Die Kennzeichnung von Genus und Numerus funktioniert beim Verb in ähnlicher Weise:
Beispiele (vgl. 2.1; Petit Papa Noël):
une poupée qui mesurent – la poupée mesure oder les poupées mesurent  [məzyr] ; je mesure, tu mesures, elle mesure, nous mesurons, vous mesurez, elles mesurent
Diese Beispiele zeigen außerdem, warum der Gebrauch der unbetonten Subjektpronomina zur Personmarkierung im Französischen unverzichtbar ist. Bedenkt man, dass im code parlé die nous-Form immer mehr durch die on-Form ersetzt wird, ergibt sich, dass die orale doppelte Markierung ein einziges Mal vorkommt. Im code graphique ist der Plural stets markiert und dies auch stets redundant.

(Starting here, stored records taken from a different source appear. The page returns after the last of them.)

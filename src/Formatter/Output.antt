-- ===== src/Formatter/Output.antt =====
-- src/formatter.rs: what the formatter writes for each node. The functions that push onto
-- `output` return the text that they push; only blank lines look at the output so far.
use bbtidy.Base.{
  ℕ, suc, ◌-◌, Option, none, some, Bool, not, ◌||◌, List, [], ◌∷◌, ◌++◌, take, reverse, is_empty,
  leb, if◌then◌else◌,
}
use bbtidy.Text.{Text, text, contains, trim_end, trim_start_matches, is_space_or_tab}
use bbtidy.Scanner.Lines.{split_line_ending, is_blank_line}
use bbtidy.Scanner.Operators.{operator_lexeme}
use bbtidy.Syntax.Tree.{
  AssignmentSyntax, DirectiveSyntax, keyword_lexeme, SyntaxKind, blank, assignment, directive,
  SyntaxNode, SyntaxTree,
}
use bbtidy.Syntax.Result.{Result, ok, ◌>>=◌}
use bbtidy.Syntax.Parse.{parse}
use bbtidy.Formatter.Options.{
  MetadataListLayout, preserve, one_per_line, FormatOptions, default_options, split_inclusive,
}
use bbtidy.Formatter.Values.{StaticMetadataList, parse_static_metadata_list}
use bbtidy.Formatter.Directives.{StaticDirectiveList, parse_static_directive_list}

unfoldable pub is_format_safe_assignment : AssignmentSyntax → Bool
is_format_safe_assignment a = not (contains a.name b'/')

unfoldable pub assignment_left : SyntaxNode → AssignmentSyntax → Text
assignment_left node a =
    if a.exported
    then text "export " ++ a.name
    else trim_end (take (a.operator_range.start - node.range.start) node.contents)

abbrev indent : Text
indent = text "    "

abbrev continuation : Text
continuation = text " \\"

unfoldable pub list_lines : Text → List Text → Text
list_lines line_ending [] = []
list_lines line_ending (i ∷ is) =
    indent ++ (i ++ (continuation ++ (line_ending ++ list_lines line_ending is)))

unfoldable pub format_metadata_list : SyntaxNode → AssignmentSyntax → StaticMetadataList → Text
format_metadata_list node a list =
    assignment_left node a
    ++ (text " "
        ++ (operator_lexeme a.operator
            ++ (text " "
                ++ (list.quote
                    ∷ (continuation
                        ++ (list.line_ending
                            ++ (list_lines list.line_ending list.items
                                ++ (indent
                                    ++ (list.quote
                                        ∷ (list.closing_tail
                                            ++ (split_line_ending node.contents).1))))))))))

unfoldable pub format_plain_assignment : SyntaxNode → AssignmentSyntax → Text
format_plain_assignment node a =
    let value = trim_start_matches is_space_or_tab a.value in
    assignment_left node a
    ++ (text " "
        ++ (operator_lexeme a.operator
            ++ ((if is_empty value then [] else text " " ++ value)
                ++ (split_line_ending node.contents).1)))

-- `none` where the layout is not asked for, or the value is no static list.
abbrev list_of {ℓ} : {A : Type ℓ} → MetadataListLayout → Option A → Option A
list_of preserve found = none
list_of one_per_line found = found

unfoldable pub format_assignment : SyntaxNode → AssignmentSyntax → FormatOptions → Text
format_assignment node a options =
    elim (list_of options.metadata_list_layout (parse_static_metadata_list node a)) [
      | some list ↦ format_metadata_list node a list
      | none ↦ format_plain_assignment node a
    ]

-- The items on lines of their own; the last one ends as the node did.
unfoldable pub directive_lines : StaticDirectiveList → List Text → Text
directive_lines list [] = []
directive_lines list (i ∷ []) = indent ++ (i ++ list.final_line_ending)
directive_lines list (i ∷ j ∷ js) =
    indent ++ (i ++ (continuation ++ (list.line_ending ++ directive_lines list (j ∷ js))))

abbrev directive_left : SyntaxNode → DirectiveSyntax → Text
directive_left node d =
    take (d.keyword_range.start - node.range.start) node.contents ++ keyword_lexeme d.keyword

unfoldable pub format_directive_list : SyntaxNode → DirectiveSyntax → StaticDirectiveList → Text
format_directive_list node d list =
    directive_left node d ++ (continuation ++ (list.line_ending ++ directive_lines list list.items))

unfoldable pub format_plain_directive : SyntaxNode → DirectiveSyntax → Text
format_plain_directive node d =
    directive_left node d
    ++ ((if is_empty d.arguments then [] else text " " ++ d.arguments)
        ++ (split_line_ending node.contents).1)

unfoldable pub format_directive : SyntaxNode → DirectiveSyntax → FormatOptions → Text
format_directive node d options =
    elim (list_of options.metadata_list_layout (parse_static_directive_list node d)) [
      | some list ↦ format_directive_list node d list
      | none ↦ format_plain_directive node d
    ]

-- `iter().take_while(is_blank_line).count()`
unfoldable pub leading_blank : List Text → ℕ
leading_blank [] = 0
leading_blank (l ∷ ls) = let rest = leading_blank ls in if is_blank_line l then suc rest else 0

unfoldable pub trailing_blank_lines : Text → ℕ
trailing_blank_lines output = leading_blank (reverse (split_inclusive output))

unfoldable pub append_normalized_blank_line : Text → Text → FormatOptions → Text
append_normalized_blank_line output line options =
    let line_ending = (split_line_ending line).1 in
    if is_empty line_ending || leb options.max_top_level_blank_lines (trailing_blank_lines output)
    then output
    else output ++ line_ending

-- The text for a node that is no blank line.
unfoldable pub node_text : FormatOptions → SyntaxNode → SyntaxKind → Text
node_text options node (assignment a) =
    if is_format_safe_assignment a then format_assignment node a options else node.contents
node_text options node (directive d) = format_directive node d options
node_text options node _ = node.contents

unfoldable pub format_node : FormatOptions → Text → SyntaxNode → SyntaxKind → Text
format_node options output node blank = append_normalized_blank_line output node.contents options
format_node options output node kind = output ++ node_text options node kind

unfoldable pub format_nodes : FormatOptions → Text → List SyntaxNode → Text
format_nodes options output [] = output
format_nodes options output (n ∷ ns) = format_nodes options (format_node options output n n.kind) ns

unfoldable pub format_syntax_with_options : SyntaxTree → FormatOptions → Text
format_syntax_with_options tree options = format_nodes options [] tree.nodes

unfoldable pub format_syntax : SyntaxTree → Text
format_syntax tree = format_syntax_with_options tree default_options

-- `format` and `format_with_options` of src/lib.rs
unfoldable pub format_with_options : Text → FormatOptions → Result Text
format_with_options s options = parse s >>= λ tree. ok (format_syntax_with_options tree options)

unfoldable pub format : Text → Result Text
format s = parse s >>= λ tree. ok (format_syntax tree)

Auch in den Bereichen Tempus und Modus sind im code phonique oftmals keine Unterschiede hörbar. Man vergleiche: manger, mangé, mangez!

Des Weiteren können auch ganze Einheiten homonym sein. Gak (1976: 284) nennt hierfür das Beispiel dur: als Adjektiv une pierre dure, als Adverb il travaille dur; als Substantiv c’est un dur.

Söll (1985: 90) spricht von Bereichen einer „ausschließlich geschriebenen Grammatik“, wenn die graphische Differenzierung an keiner Stelle des code phonique realisiert wird, wie z. B. sans frère / sans frères; sans enfant / sans enfants.

Die meisten Fälle der Homographie bei unterschiedlicher Aussprache kommen im Bereich der grammatischen Schreibung vor, was einen großen Teil der Komplexität der französischen Orthographie ausmacht:
Le vent est à l’est.
La fille est tranquille.

2.2.3 Geltungsbereich einer Regel
Eine weitere Schwierigkeit der französischen Orthographie ist der Geltungsbereich einer Regel. So können keine zuverlässigen Aussagen darüber gemacht werden, wann [ã] als en und wann als an realisiert wird, wann Homophone anders geschrieben und wann nicht, und warum [so] in der Schreibung als sot, saut, sceau differenziert wird, son (‚mein’, ‚Laut’, ‚Kleie’) hingegen nicht?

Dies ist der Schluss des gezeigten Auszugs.